Perfect Cubes and Factoring

Identifying Perfect Cubes

• A perfect cube is a number that can be expressed as the cube of an integer.
• Examples:
  • 8: Yes, because (2^3 = 2 \times 2 \times 2 = 8)
  • 25: No, it's a perfect square, not a perfect cube.
  • 64: Yes, because (4^3 = 4 \times 4 \times 4 = 64)
  • 40: No, not a perfect cube.
  • 27: Yes, because (3^3 = 3 \times 3 \times 3 = 27)
  • 60: No, not a perfect cube.
  • 125: Yes, because (5^3 = 5 \times 5 \times 5 = 125)
  • 72: No, not a perfect cube.
  • 216: Yes, because (6^3 = 6 \times 6 \times 6 = 216)
  • 343: Yes, because (7^3 = 7 \times 7 \times 7 = 343)
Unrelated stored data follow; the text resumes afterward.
-- ===== src/Tests/Served.antt =====
-- An editor's calls, one after another, on a workspace with an edge from "a" to "b".
use Prim.Native.String.{◌++◌ as ◌++ˢ◌}
use aideep_backend.Common.{refl, String, none, some, List, [], true, false, ◌∷◌}
use aideep_backend.Auth.Guard.{Credentials}
use aideep_backend.Auth.Tokens.{Payload}
use aideep_backend.Edge.Repository.{ConnectNodeDto}
use aideep_backend.Edge.Service.Acyclic.{EdgesAcyclic}
use aideep_backend.Http.Routes as Routes
use aideep_backend.Http.Routes.{request}
use aideep_backend.Http.Served.{answers, passes, none_yet, next, Served-EdgesAcyclic}
use aideep_backend.Infra.World.{World}
use aideep_backend.Node.Descendants.Live.{FindsBelow}
use aideep_backend.Samples.Codec.{tokens}
use aideep_backend.Samples.Tables.{sample}
use aideep_backend.Samples.Worlds.{board}
use aideep_backend.Tests.Graph.{board-AllAcyclic}
use aideep_backend.Tests.Requests.{codecs, bearer}

abbrev eve : Payload
eve = record { user_name = "Eve"; email = "eve@example.org"; user_id = "eve"; is_master = false }

abbrev by_eve : Credentials
by_eve = record {
  authorization = some ("Bearer " ++ˢ tokens.sign eve "15m" 1000);
  query_token = none;
}

abbrev between : String → String → ConnectNodeDto
between from_id to_id = record {
  source_id = from_id;
  target_id = to_id;
  target_handle = "left";
  source_handle = "right";
}

abbrev connects : String → String → World sample → World sample
connects from_id to_id w =
    (request sample tokens codecs bearer by_eve
      (Routes.edit "w" (Routes.connect_nodes (between from_id to_id))) w).1

-- "b" → "c" is asked for, a call of Redis is to be rejected, and "c" → "a", which closes a cycle, is asked for
abbrev later : World sample
later =
    connects "c" "a"
      (record (connects "b" "c" board) { now = 2000; outages = true ∷ []; draws = [] })

Served-EdgesAcyclic_example :
    EdgesAcyclic sample later × ((ids : List String) × FindsBelow sample "w" "a" later.edges ids)
Served-EdgesAcyclic_example =
    Served-EdgesAcyclic sample tokens codecs bearer {w = board} {v = later} "w" "a" board-AllAcyclic
      (next
        (next
          (next none_yet (
            answers by_eve (Routes.edit "w" (Routes.connect_nodes (between "b" "c")))
              (refl, refl, refl)))
          (passes 2000 (true ∷ []) []))
        (answers by_eve (Routes.edit "w" (Routes.connect_nodes (between "c" "a")))
          (refl, refl, refl)))
      refl refl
Evaluating Exponential Notation

• Exponential evaluations of cubes:
  • (2^3 = 8)
  • (3^3 = 27)
  • (4^3 = 64)
  • (5^3 = 125)
  • (6^3 = 216)
  • (7^3 = 343)

Factoring the Sum of Two Cubes

• Formula: (x^3 + y^3 = (x + y)(x^2 - xy + y^2))

• Example: Factor (a^3 + 64)

  • Rewrite as (a^3 + 4^3)
  • Apply the formula: ( (a + 4)(a^2 - 4a + 16) )

• Example: Factor (8b^3 + 27c^3)

  • Rewrite as ((2b)^3 + (3c)^3)
  • Apply the formula: ( (2b + 3c)(4b^2 - 6bc + 9c^2) )

Factoring the Difference of Two Cubes

• Formula: (x^3 - y^3 = (x - y)(x^2 + xy + y^2))

• Example: Factor (27c^3 - d^3)

  • Rewrite as ((3c)^3 - d^3)
  • Apply the formula: ( (3c - d)(9c^2 + 3cd + d^2) )

• Example: Factor (8e^6f^6 - 125g^3)

  • Rewrite as ((2ef^2)^3 - (5g)^3)
  • Apply the formula: ( (2ef^2 - 5g)(4e^2f^4 + 10ef^2g + 25g^2) )

• Example: Factor (64 - p^6)

  • Rewrite as (4^3 - (p^2)^3)
  • Apply the formula: ( (4 - p^2)(16 + 4p^2 + p^4) )

Conclusion

• Understanding perfect cubes and how to factor sums and differences of cubes is crucial for solving polynomial equations.
• Remember the formulas and practice with examples for better retention.